Did you observed this before? Any idea why?

I guess this is the reason why all the package implementations test only upper tail?

Istalan commented 3 years ago

Fascinating, the degrees of freedom in the performance package don't account for the number of groups. No matter if you are using 2, 10, or 1000 groups the df are always n-3 (4997), even though the variance of the conditional residual must decrease with more random coefficients (I'd assume. Certainly in LMM). The results still seem to be chi-square-distributed, but the df is way lower. I haven't found a strict pattern. It is certainly more reduction than just n - 3 - number of groups. Also the qqplot is a little steep.

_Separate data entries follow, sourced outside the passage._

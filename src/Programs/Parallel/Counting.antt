-- ===== src/Programs/Parallel/Counting.antt =====
-- The counters of a round add up, whatever the order of the turns, and do not wrap.
use triple.Base.{
  none, length-append, [], Option, count_if-append, ◌∷◌, List, ◌≤◌, length, if◌then◌else◌,
  length-set, ◌+◌, count_if-set, not, set, true, count_if, some, false, arith, get_elem?, ◌≡◌, Bool,
  ℕ, refl,
}
use triple.Programs.Parallel.{
  step, IsOver, launch, Turn, run_round, turn, callers_of_round, calling, finished, finishing,
  counting, logging, advance, new_round, Caller, Round,
}

abbrev is_good : Caller → Bool
is_good (logging b) = b
is_good (finishing b) = b
is_good (finished b) = b
is_good calling = false
is_good (counting b) = false

abbrev is_bad : Caller → Bool
is_bad (logging b) = not b
is_bad (finishing b) = not b
is_bad (finished b) = not b
is_bad calling = false
is_bad (counting b) = false

-- The goroutine's call has succeeded, and has not been counted.
abbrev pub is_ready : Caller → Bool
is_ready (counting b) = b
is_ready calling = false
is_ready (logging b) = false
is_ready (finishing b) = false
is_ready (finished b) = false

-- The goroutine has not been counted, and its call has not succeeded.
abbrev pub is_unready : Caller → Bool
is_unready calling = true
is_unready (counting b) = not b
is_unready (logging b) = false
is_unready (finishing b) = false
is_unready (finished b) = false

-- The goroutine has been counted and has not left the WaitGroup.
abbrev pub is_leaving : Caller → Bool
is_leaving (logging b) = true
is_leaving (finishing b) = true
is_leaving calling = false
is_leaving (counting b) = false
is_leaving (finished b) = false

-- The goroutine's call has ended without an error.
abbrev pub has_succeeded : Caller → Bool
has_succeeded calling = false
has_succeeded (counting b) = b
has_succeeded (logging b) = b
has_succeeded (finishing b) = b
has_succeeded (finished b) = b

-- Each goroutine is counted once, in the counter of its outcome.
pub record Inv (r : Round) : Type 0 where
  pub good : r.good_counter ≡ count_if is_good r.callers
  pub bad : r.bad_counter ≡ count_if is_bad r.callers
  pub sums :
      r.good_counter + r.bad_counter + count_if is_ready r.callers + count_if is_unready r.callers
      ≡ length r.callers
  pub group :
      r.wait_group
      ≡ count_if is_ready r.callers + count_if is_unready r.callers + count_if is_leaving r.callers
  pub bound : length r.callers ≤ callers_of_round
  pub succeeded :
      count_if has_succeeded r.callers ≡ count_if is_good r.callers + count_if is_ready r.callers

pub new_round-Inv : Inv new_round
unfolding new_round
new_round-Inv = record {
  good = refl;
  bad = refl;
  sums = refl;
  group = refl;
  bound = omega arith;
  succeeded = refl;
}

module _ (i : ℕ) (r : Round) (v : Inv r) where
  -- What a write at `i` does to a count.
  abbrev Moves : (Caller → Bool) → Caller → Caller → Type 0
  Moves p old new =
      count_if p (set r.callers i new) + (if p old then 1 else 0)
      ≡ count_if p r.callers + (if p new then 1 else 0)

  counts :
      (old new : Caller)
      → get_elem? r.callers i ≡ some old
      → Moves is_good old new
        × Moves is_bad old new
        × Moves is_ready old new
        × Moves is_unready old new
        × Moves is_leaving old new
        × Moves has_succeeded old new
  counts old new h = (
    count_if-set is_good r.callers i old new h,
    count_if-set is_bad r.callers i old new h,
    count_if-set is_ready r.callers i old new h,
    count_if-set is_unready r.callers i old new h,
    count_if-set is_leaving r.callers i old new h,
    count_if-set has_succeeded r.callers i old new h,
  )

  advance-Inv : (c : Caller) (ok : Bool) → get_elem? r.callers i ≡ some c → Inv (advance c i ok r)
  unfolding advance
  advance-Inv calling true h =
      ground (arith, counts calling (counting true) h, length-set r.callers i (counting true))
  advance-Inv calling false h =
      ground (arith, counts calling (counting false) h, length-set r.callers i (counting false))
  advance-Inv (counting true) ok h =
      ground (arith, counts (counting true) (logging true) h, length-set r.callers i (logging true))
  advance-Inv (counting false) ok h =
      ground
        (arith, counts (counting false) (logging false) h, length-set r.callers i (logging false))
  advance-Inv (logging true) ok h =
      ground
        (arith, counts (logging true) (finishing true) h, length-set r.callers i (finishing true))
  advance-Inv (logging false) ok h =
      ground (
        arith,
        counts (logging false) (finishing false) h,
        length-set r.callers i (finishing false),
      )
  advance-Inv (finishing true) ok h =
      ground
        (arith, counts (finishing true) (finished true) h, length-set r.callers i (finished true))
  advance-Inv (finishing false) ok h =
      ground (
        arith,
        counts (finishing false) (finished false) h,
        length-set r.callers i (finished false),
      )
  advance-Inv (finished b) ok h = v

launch-Inv : (r : Round) → Inv r → Inv (turn launch r)
unfolding turn
launch-Inv r v = ground (
  arith,
  v,
  count_if-append is_good r.callers (calling ∷ []),
  count_if-append is_bad r.callers (calling ∷ []),
  count_if-append is_ready r.callers (calling ∷ []),
  count_if-append is_unready r.callers (calling ∷ []),
  count_if-append is_leaving r.callers (calling ∷ []),
  count_if-append has_succeeded r.callers (calling ∷ []),
  length-append r.callers (calling ∷ []),
)

pub turn-Inv : (t : Turn) (r : Round) → Inv r → Inv (turn t r)
unfolding turn
turn-Inv launch r v = launch-Inv r v
turn-Inv (step i ok) r v = go (get_elem? r.callers i) refl
  where
    go :
        (c : Option Caller)
        → get_elem? r.callers i ≡ c
        → Inv (elim c [ some c ↦ advance c i ok r | none ↦ r ])
    go none h = v
    go (some c) h = advance-Inv i r v c ok h

pub run_round-Inv : (turns : List Turn) (r : Round) → Inv r → Inv (run_round turns r)
unfolding run_round
run_round-Inv [] r v = v
run_round-Inv (t ∷ turns) r v = run_round-Inv turns (turn t r) (turn-Inv t r v)

-- Of a round that is over the good counter is the number of the calls that have succeeded, and the bad
-- one that of the others.
pub over-counts :
    (r : Round)
    → Inv r
    → IsOver r
    → (r.good_counter ≡ count_if has_succeeded r.callers)
      × (r.good_counter + r.bad_counter ≡ callers_of_round)
over-counts r v over = (
  omega (arith, v.good, v.group, v.succeeded, over.1),
  omega (arith, v.sums, v.group, over.0, over.1),
)

-- However the goroutines of a round interleave and their calls end, the two counters together never
-- exceed the 2000 calls of the round, so that no increment wraps; and when `wg.Wait()` returns behind
-- the loop, the good counter is the number of the calls that have succeeded, and the bad one the rest
-- of the 2000.
run_round_lem :
    (turns : List Turn)
    → let r = run_round turns new_round in
      (r.good_counter + r.bad_counter ≤ callers_of_round)
      × (IsOver r
          → (r.good_counter ≡ count_if has_succeeded r.callers)
            × (r.good_counter + r.bad_counter ≡ callers_of_round))
run_round_lem turns =
    let r = run_round turns new_round in
    let v = run_round-Inv turns new_round new_round-Inv in
    (omega (arith, v.sums, v.bound), over-counts r v)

Maybe there is something there, but i don't know.

Here are the simulations i did, but just checking your code with number of groups 5, 100, 500 and 1000 will show the issue. This was for checking the distribution and looking for a pattern.

require(DHARMa)
require(lme4)
require(performance)

`%dopar%` <- foreach::`%dopar%`

my_simulate <- function(FUN, n_sim){
  cores <- parallel::detectCores() - 1
  message("parallel, set cores automatically to ", cores)
  cl <- parallel::makeCluster(cores)

  doParallel::registerDoParallel(cl)
  res <- foreach::foreach(i=1:n_sim, .packages=c("lme4", "DHARMa", "performance"), .combine = rbind) %dopar% 
    FUN()
  parallel::stopCluster(cl)
  return(res)
}

test_fun <-  function(){
  testData = createData(sampleSize = 5000, fixedEffects = 1, family = poisson(), randomEffectVariance = 1, 
                        overdispersion = 0, numGroups = 1000)

  # fittedModel <- glm(observedResponse ~ Environment1, family = "poisson", data = testData)
  fittedModel <- glmer(observedResponse ~ Environment1 + (1|group), family = "poisson", data = testData)
  as.numeric(check_overdispersion(fittedModel))
}

test_res <- my_simulate(test_fun, 2000)
test_res
t.test(test_res[, 1], mu = test_res[1, 3])

qqplot(x = qchisq(seq(10^(-5), 1-10^(-5), length.out = 1000), df = test_res[1, 3]), 
       y = test_res[, 1],
       main = "Test against GLMM df"
       )
abline(0, 1)

qqplot(x = qchisq(seq(10^(-5), 1-10^(-5), length.out = 1000), df = mean(test_res[, 1])), 
       y = test_res[, 1],
       main = "Test against observed df"
)
abline(0, 1)

test_fun <-  function(){
  testData = createData(sampleSize = 5000, fixedEffects = 1, family = poisson(), randomEffectVariance = 1, 
                        overdispersion = 0, numGroups = 10)

  # fittedModel <- glm(observedResponse ~ Environment1, family = "poisson", data = testData)
  fittedModel <- glmer(observedResponse ~ Environment1 + (1|group), family = "poisson", data = testData)
  as.numeric(check_overdispersion(fittedModel))
}

test_res <- my_simulate(test_fun, 2000)
#test_res
t.test(test_res[, 1], mu = test_res[1, 3])

qqplot(x = qchisq(seq(10^(-4), 1-10^(-4), length.out = 1000), df = test_res[1, 3]), 
       y = test_res[, 1],
       main = "Test against GLMM df"
)
abline(0, 1)

qqplot(x = qchisq(seq(10^(-4), 1-10^(-4), length.out = 1000), df = mean(test_res[, 1])), 
       y = test_res[, 1],
       main = "Test against observed df"
)
abline(0, 1)

P.S. yes i do have a new CPU. It's quite powerful and i'm having way too much fun with it :)

florianhartig commented 3 years ago

Hi @Istalan ... sorry, I just saw that you posted this, if I had read this before our discussion today would have been much better informed on my side :p

Yes, the df is quite well known, but to be honest I hadn't realised that df.residuals counts 1df for the RE only, and what effects this has on the test.

I just had a look but didn't find any useful implementations of df in R that would apply across a range of models, although https://bmcmedresmethodol.biomedcentral.com/articles/10.1186/s12874-015-0026-x suggests that e.g. Satterthwaite is still useful, although they recommend the betwee-within method.

Again, as we discussed, I would much prefer something that can be extracted for all model classes, or ideally only from simulations, rather than a specific solution

florianhartig commented 3 years ago

Just to add on this - I wonder why all implementations of Satterthwaite in R are restricted to LMMs, when the approximation also holds for GLMMs (as the article suggests)

florianhartig commented 3 years ago

OK, but on the practical side, this is implemented, so the only thing to be checked is that this is identical to existing tests in performance etc.